→ The problem: Give again, word for word, every line in the entries below from the line with "none-of f [] h = refl" up to and including the line with "(subst (λ (y", and no other line.

→ Source material:
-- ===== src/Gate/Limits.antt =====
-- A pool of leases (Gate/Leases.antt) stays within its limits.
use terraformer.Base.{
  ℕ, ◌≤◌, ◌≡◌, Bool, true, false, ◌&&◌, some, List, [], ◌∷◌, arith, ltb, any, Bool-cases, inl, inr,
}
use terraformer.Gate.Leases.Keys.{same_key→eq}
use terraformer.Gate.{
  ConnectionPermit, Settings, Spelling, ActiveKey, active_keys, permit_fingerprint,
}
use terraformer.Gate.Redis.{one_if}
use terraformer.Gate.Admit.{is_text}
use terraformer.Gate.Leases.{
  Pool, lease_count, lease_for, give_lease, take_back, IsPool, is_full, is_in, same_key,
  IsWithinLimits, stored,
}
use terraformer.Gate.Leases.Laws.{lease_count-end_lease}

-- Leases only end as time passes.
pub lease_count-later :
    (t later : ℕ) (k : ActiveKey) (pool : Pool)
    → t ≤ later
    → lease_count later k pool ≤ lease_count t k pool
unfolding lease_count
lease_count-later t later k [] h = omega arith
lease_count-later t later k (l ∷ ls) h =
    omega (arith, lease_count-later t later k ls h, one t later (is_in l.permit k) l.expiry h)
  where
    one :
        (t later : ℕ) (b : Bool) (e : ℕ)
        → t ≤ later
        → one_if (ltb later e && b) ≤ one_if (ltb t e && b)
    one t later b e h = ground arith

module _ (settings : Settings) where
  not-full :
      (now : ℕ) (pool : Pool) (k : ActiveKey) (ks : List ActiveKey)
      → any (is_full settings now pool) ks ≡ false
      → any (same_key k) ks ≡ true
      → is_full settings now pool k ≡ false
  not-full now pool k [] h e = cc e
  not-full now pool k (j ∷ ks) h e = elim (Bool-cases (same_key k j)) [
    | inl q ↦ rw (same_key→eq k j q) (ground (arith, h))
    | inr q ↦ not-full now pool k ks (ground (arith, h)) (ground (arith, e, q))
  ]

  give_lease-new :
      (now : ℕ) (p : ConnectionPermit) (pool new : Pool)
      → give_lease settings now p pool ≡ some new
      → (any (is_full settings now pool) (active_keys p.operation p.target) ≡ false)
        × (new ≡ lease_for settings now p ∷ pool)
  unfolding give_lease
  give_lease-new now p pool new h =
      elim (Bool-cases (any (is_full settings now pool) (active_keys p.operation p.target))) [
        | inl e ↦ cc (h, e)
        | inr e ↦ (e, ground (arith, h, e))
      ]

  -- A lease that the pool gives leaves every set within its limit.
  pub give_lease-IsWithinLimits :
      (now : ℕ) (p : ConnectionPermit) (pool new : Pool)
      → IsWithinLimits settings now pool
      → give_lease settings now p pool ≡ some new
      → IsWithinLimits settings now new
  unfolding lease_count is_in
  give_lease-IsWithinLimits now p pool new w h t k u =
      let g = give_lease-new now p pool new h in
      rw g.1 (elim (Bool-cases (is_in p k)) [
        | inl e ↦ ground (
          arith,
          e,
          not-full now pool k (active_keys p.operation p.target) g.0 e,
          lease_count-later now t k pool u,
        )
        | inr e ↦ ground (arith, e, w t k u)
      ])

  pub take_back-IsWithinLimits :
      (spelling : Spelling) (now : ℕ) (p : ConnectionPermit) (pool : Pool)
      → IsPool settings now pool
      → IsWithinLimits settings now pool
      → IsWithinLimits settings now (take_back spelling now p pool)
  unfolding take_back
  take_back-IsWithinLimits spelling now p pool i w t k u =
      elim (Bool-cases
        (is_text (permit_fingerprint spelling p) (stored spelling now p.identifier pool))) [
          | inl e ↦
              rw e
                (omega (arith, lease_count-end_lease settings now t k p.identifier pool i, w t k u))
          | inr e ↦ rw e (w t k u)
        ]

==

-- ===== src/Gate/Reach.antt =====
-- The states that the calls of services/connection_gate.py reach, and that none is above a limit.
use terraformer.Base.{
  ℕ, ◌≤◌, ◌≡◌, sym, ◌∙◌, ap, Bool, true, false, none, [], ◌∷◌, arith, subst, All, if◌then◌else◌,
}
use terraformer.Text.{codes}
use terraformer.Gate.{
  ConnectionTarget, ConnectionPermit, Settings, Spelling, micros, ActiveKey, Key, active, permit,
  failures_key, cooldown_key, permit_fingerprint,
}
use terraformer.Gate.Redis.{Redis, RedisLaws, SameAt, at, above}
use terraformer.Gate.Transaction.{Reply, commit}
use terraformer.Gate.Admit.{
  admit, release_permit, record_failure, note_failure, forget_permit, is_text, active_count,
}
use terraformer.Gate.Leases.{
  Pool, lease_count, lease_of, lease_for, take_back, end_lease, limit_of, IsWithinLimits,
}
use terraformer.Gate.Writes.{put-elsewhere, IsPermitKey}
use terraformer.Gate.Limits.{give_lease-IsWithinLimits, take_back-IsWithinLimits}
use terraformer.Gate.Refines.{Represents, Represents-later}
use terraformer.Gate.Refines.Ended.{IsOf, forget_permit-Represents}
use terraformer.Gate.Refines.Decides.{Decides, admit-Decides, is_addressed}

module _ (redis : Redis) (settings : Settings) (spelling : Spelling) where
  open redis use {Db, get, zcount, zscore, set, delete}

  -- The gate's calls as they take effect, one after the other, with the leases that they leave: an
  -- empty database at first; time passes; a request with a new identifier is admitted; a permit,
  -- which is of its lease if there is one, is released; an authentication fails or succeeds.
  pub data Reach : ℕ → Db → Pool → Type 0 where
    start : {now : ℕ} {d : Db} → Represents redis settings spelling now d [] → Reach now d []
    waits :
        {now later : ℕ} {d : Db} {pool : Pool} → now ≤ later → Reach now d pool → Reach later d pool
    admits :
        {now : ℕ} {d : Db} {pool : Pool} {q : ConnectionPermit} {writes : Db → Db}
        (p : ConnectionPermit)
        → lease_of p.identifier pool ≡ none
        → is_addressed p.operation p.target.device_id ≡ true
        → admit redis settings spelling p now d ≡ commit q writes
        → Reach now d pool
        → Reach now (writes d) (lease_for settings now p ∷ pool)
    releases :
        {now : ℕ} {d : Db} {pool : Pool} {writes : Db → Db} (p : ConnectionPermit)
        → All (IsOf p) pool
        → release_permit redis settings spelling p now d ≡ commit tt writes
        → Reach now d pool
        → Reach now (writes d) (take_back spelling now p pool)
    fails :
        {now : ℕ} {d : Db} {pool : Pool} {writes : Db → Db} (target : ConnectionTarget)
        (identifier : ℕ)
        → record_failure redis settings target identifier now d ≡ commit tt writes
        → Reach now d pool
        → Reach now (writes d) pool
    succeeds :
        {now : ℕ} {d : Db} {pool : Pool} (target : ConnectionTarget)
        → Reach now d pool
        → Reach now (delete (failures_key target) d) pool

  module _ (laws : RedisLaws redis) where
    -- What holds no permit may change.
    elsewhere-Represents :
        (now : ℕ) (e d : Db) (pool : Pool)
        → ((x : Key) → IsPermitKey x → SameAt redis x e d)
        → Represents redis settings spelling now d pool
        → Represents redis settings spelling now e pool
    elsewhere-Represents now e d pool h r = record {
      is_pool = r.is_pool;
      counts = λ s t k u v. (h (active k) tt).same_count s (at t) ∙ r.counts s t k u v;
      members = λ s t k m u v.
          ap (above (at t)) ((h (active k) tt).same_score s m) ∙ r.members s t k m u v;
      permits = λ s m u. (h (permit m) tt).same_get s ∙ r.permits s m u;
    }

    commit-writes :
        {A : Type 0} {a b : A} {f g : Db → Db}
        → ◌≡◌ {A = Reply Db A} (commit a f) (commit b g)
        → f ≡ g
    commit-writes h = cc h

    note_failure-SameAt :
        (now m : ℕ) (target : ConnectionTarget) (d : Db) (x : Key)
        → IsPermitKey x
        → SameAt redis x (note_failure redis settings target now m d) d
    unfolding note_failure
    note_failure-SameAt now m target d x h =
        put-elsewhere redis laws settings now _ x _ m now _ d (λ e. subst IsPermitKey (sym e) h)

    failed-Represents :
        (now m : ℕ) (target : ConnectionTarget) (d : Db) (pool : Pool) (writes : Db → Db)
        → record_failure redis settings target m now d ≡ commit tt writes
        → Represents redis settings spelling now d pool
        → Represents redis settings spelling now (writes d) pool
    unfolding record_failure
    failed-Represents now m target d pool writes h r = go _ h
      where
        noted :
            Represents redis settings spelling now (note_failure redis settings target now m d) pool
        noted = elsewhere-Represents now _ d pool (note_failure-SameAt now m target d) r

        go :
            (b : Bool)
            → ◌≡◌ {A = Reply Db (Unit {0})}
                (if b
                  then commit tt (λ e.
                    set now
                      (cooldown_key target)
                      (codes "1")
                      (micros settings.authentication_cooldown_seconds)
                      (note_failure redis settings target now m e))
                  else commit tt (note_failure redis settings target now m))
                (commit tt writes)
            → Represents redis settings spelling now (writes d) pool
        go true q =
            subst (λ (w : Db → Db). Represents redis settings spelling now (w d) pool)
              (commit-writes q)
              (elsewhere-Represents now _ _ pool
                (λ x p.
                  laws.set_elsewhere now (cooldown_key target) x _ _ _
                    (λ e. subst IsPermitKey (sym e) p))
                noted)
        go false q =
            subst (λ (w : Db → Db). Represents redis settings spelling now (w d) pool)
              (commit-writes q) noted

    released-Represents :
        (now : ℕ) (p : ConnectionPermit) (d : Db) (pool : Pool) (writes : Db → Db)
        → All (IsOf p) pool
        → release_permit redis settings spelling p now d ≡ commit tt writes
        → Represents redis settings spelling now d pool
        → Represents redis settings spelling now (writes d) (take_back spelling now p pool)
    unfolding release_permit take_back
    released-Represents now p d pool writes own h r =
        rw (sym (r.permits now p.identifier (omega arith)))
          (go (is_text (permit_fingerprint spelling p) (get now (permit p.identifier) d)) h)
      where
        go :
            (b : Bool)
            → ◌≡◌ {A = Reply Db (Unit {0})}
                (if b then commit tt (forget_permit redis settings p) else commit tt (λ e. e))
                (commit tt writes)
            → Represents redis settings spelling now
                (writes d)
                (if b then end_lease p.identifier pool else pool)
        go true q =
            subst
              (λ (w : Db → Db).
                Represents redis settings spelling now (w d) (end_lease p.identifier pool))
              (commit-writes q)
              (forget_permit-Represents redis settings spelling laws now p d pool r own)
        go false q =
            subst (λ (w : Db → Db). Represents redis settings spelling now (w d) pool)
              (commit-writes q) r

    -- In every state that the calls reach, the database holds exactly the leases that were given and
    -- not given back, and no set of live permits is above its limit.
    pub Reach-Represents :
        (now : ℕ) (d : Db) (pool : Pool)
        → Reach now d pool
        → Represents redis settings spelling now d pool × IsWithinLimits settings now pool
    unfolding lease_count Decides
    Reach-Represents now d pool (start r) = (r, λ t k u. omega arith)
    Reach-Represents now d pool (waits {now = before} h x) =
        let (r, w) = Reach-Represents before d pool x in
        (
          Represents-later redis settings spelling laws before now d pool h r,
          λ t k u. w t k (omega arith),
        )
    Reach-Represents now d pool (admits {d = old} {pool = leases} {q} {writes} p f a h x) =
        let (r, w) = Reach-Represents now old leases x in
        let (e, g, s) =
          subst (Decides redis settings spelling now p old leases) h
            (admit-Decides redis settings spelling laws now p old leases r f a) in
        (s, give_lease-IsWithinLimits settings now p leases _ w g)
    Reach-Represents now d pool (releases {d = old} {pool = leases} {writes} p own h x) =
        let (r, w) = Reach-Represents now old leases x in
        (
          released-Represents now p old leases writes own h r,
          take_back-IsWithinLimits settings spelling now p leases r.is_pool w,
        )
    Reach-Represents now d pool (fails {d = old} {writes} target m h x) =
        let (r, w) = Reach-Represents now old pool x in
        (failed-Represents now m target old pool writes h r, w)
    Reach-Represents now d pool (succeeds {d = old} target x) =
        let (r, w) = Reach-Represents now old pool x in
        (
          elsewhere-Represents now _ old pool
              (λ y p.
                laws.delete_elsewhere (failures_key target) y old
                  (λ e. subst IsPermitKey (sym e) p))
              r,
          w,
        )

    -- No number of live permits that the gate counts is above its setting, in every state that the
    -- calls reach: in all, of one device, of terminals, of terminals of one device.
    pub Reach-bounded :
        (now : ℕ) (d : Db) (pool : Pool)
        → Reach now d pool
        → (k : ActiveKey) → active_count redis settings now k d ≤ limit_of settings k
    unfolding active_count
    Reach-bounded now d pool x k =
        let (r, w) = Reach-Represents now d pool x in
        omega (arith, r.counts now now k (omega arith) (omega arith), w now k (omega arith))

---

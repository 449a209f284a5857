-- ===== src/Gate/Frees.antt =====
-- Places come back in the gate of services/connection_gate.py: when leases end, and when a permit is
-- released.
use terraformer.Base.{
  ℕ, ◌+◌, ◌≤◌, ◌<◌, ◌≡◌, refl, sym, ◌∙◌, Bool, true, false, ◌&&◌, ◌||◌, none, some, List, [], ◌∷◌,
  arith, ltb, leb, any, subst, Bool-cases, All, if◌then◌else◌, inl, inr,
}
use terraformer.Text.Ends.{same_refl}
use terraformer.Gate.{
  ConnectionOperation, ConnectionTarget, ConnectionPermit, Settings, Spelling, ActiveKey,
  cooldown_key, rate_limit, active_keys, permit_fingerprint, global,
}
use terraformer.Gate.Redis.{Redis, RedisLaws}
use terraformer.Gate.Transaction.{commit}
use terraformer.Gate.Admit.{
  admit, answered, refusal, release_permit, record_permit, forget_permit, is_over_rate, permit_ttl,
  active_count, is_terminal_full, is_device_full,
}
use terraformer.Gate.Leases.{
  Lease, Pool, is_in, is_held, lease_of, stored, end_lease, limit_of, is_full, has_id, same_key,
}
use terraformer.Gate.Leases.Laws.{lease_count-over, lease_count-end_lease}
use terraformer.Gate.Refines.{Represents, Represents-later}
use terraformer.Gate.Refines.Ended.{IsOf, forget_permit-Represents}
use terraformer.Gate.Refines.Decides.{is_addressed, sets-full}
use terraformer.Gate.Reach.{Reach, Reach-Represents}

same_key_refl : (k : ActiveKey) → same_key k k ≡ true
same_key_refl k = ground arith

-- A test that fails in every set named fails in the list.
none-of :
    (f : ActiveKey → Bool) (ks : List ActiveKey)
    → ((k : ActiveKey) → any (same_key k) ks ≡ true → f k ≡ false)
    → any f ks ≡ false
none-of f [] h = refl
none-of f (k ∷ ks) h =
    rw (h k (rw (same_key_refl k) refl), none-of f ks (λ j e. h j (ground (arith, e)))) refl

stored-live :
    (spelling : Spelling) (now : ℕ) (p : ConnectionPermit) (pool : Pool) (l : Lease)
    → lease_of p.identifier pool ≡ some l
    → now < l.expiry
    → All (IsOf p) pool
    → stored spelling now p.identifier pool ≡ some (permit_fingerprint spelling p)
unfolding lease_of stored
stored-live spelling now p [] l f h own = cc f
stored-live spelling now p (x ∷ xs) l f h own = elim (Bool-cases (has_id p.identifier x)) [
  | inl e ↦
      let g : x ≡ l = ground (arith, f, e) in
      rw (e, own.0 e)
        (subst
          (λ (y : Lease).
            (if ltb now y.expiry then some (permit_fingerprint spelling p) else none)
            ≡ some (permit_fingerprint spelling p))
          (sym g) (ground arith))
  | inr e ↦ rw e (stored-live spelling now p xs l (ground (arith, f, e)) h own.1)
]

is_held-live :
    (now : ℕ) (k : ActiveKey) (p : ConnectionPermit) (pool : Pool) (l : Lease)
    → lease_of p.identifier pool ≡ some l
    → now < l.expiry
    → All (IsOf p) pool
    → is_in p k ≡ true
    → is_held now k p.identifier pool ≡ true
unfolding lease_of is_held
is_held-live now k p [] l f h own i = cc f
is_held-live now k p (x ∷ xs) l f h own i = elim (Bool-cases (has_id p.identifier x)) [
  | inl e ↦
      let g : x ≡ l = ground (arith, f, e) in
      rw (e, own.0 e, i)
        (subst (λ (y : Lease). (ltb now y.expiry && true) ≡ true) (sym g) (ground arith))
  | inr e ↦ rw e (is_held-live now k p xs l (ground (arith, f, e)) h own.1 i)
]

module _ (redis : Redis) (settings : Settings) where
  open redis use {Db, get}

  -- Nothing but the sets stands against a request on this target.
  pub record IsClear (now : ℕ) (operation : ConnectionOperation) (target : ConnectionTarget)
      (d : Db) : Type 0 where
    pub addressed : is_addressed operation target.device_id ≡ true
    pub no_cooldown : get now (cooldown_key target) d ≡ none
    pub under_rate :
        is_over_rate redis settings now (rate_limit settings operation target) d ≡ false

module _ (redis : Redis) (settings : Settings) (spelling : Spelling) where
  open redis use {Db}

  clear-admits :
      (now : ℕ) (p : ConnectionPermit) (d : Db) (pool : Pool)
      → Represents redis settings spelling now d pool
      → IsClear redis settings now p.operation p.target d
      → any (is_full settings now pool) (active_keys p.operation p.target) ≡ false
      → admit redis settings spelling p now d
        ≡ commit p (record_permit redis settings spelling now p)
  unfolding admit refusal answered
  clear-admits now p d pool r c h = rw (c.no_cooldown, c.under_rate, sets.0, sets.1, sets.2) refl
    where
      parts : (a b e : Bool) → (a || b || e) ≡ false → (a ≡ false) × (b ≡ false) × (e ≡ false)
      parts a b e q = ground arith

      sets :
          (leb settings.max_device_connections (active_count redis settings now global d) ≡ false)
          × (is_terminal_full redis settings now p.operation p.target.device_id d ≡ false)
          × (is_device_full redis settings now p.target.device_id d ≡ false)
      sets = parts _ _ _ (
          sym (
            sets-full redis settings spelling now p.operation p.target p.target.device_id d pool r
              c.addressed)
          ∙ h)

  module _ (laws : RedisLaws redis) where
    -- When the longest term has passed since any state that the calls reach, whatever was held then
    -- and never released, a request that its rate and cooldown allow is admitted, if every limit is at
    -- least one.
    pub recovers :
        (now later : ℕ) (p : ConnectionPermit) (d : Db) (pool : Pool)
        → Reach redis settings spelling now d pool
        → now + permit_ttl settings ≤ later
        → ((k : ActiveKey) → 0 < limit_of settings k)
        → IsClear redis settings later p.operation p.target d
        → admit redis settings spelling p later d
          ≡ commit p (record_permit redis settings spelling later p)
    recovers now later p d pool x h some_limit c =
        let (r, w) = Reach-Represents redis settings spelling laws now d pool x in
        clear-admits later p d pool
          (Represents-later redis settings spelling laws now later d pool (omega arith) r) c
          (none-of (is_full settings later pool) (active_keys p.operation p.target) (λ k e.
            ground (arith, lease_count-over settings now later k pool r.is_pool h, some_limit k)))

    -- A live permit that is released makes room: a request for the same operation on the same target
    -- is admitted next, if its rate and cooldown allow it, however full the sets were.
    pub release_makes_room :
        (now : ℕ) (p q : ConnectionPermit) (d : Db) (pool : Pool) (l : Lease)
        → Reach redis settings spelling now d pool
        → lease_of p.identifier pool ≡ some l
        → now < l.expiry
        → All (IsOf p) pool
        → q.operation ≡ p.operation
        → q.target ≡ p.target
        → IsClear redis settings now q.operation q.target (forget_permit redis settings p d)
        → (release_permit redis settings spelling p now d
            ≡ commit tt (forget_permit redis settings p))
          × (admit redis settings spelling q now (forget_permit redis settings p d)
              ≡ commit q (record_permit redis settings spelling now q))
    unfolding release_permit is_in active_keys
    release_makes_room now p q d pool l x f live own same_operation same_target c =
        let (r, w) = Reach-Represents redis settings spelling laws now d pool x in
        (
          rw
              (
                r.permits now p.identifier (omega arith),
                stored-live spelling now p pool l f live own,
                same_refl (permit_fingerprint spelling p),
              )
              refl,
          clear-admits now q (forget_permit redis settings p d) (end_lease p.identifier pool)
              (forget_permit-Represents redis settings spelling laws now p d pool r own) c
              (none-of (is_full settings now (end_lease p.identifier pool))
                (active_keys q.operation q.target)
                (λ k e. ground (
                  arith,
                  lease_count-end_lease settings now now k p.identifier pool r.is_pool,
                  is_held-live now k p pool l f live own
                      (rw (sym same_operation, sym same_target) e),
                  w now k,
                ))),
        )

→ Answer area:
none-of f [] h = refl
none-of f (k ∷ ks) h =
    rw (h k (rw (same_key_refl k) refl), none-of f ks (λ j e. h j (ground (arith, e)))) refl

stored-live :
    (spelling : Spelling) (now : ℕ) (p : ConnectionPermit) (pool : Pool) (l : Lease)
    → lease_of p.identifier pool ≡ some l
    → now < l.expiry
    → All (IsOf p) pool
    → stored spelling now p.identifier pool ≡ some (permit_fingerprint spelling p)
unfolding lease_of stored
stored-live spelling now p [] l f h own = cc f
stored-live spelling now p (x ∷ xs) l f h own = elim (Bool-cases (has_id p.identifier x)) [
  | inl e ↦
      let g : x ≡ l = ground (arith, f, e) in
      rw (e, own.0 e)
        (subst
          (λ (y : Lease).
            (if ltb now y.expiry then some (permit_fingerprint spelling p) else none)
            ≡ some (permit_fingerprint spelling p))
          (sym g) (ground arith))
  | inr e ↦ rw e (stored-live spelling now p xs l (ground (arith, f, e)) h own.1)
]

is_held-live :
    (now : ℕ) (k : ActiveKey) (p : ConnectionPermit) (pool : Pool) (l : Lease)
    → lease_of p.identifier pool ≡ some l
    → now < l.expiry
    → All (IsOf p) pool
    → is_in p k ≡ true
    → is_held now k p.identifier pool ≡ true
unfolding lease_of is_held
is_held-live now k p [] l f h own i = cc f
is_held-live now k p (x ∷ xs) l f h own i = elim (Bool-cases (has_id p.identifier x)) [
  | inl e ↦
      let g : x ≡ l = ground (arith, f, e) in
      rw (e, own.0 e, i)
        (subst (λ (y : Lease). (ltb now y.expiry && true) ≡ true) (sym g) (ground arith))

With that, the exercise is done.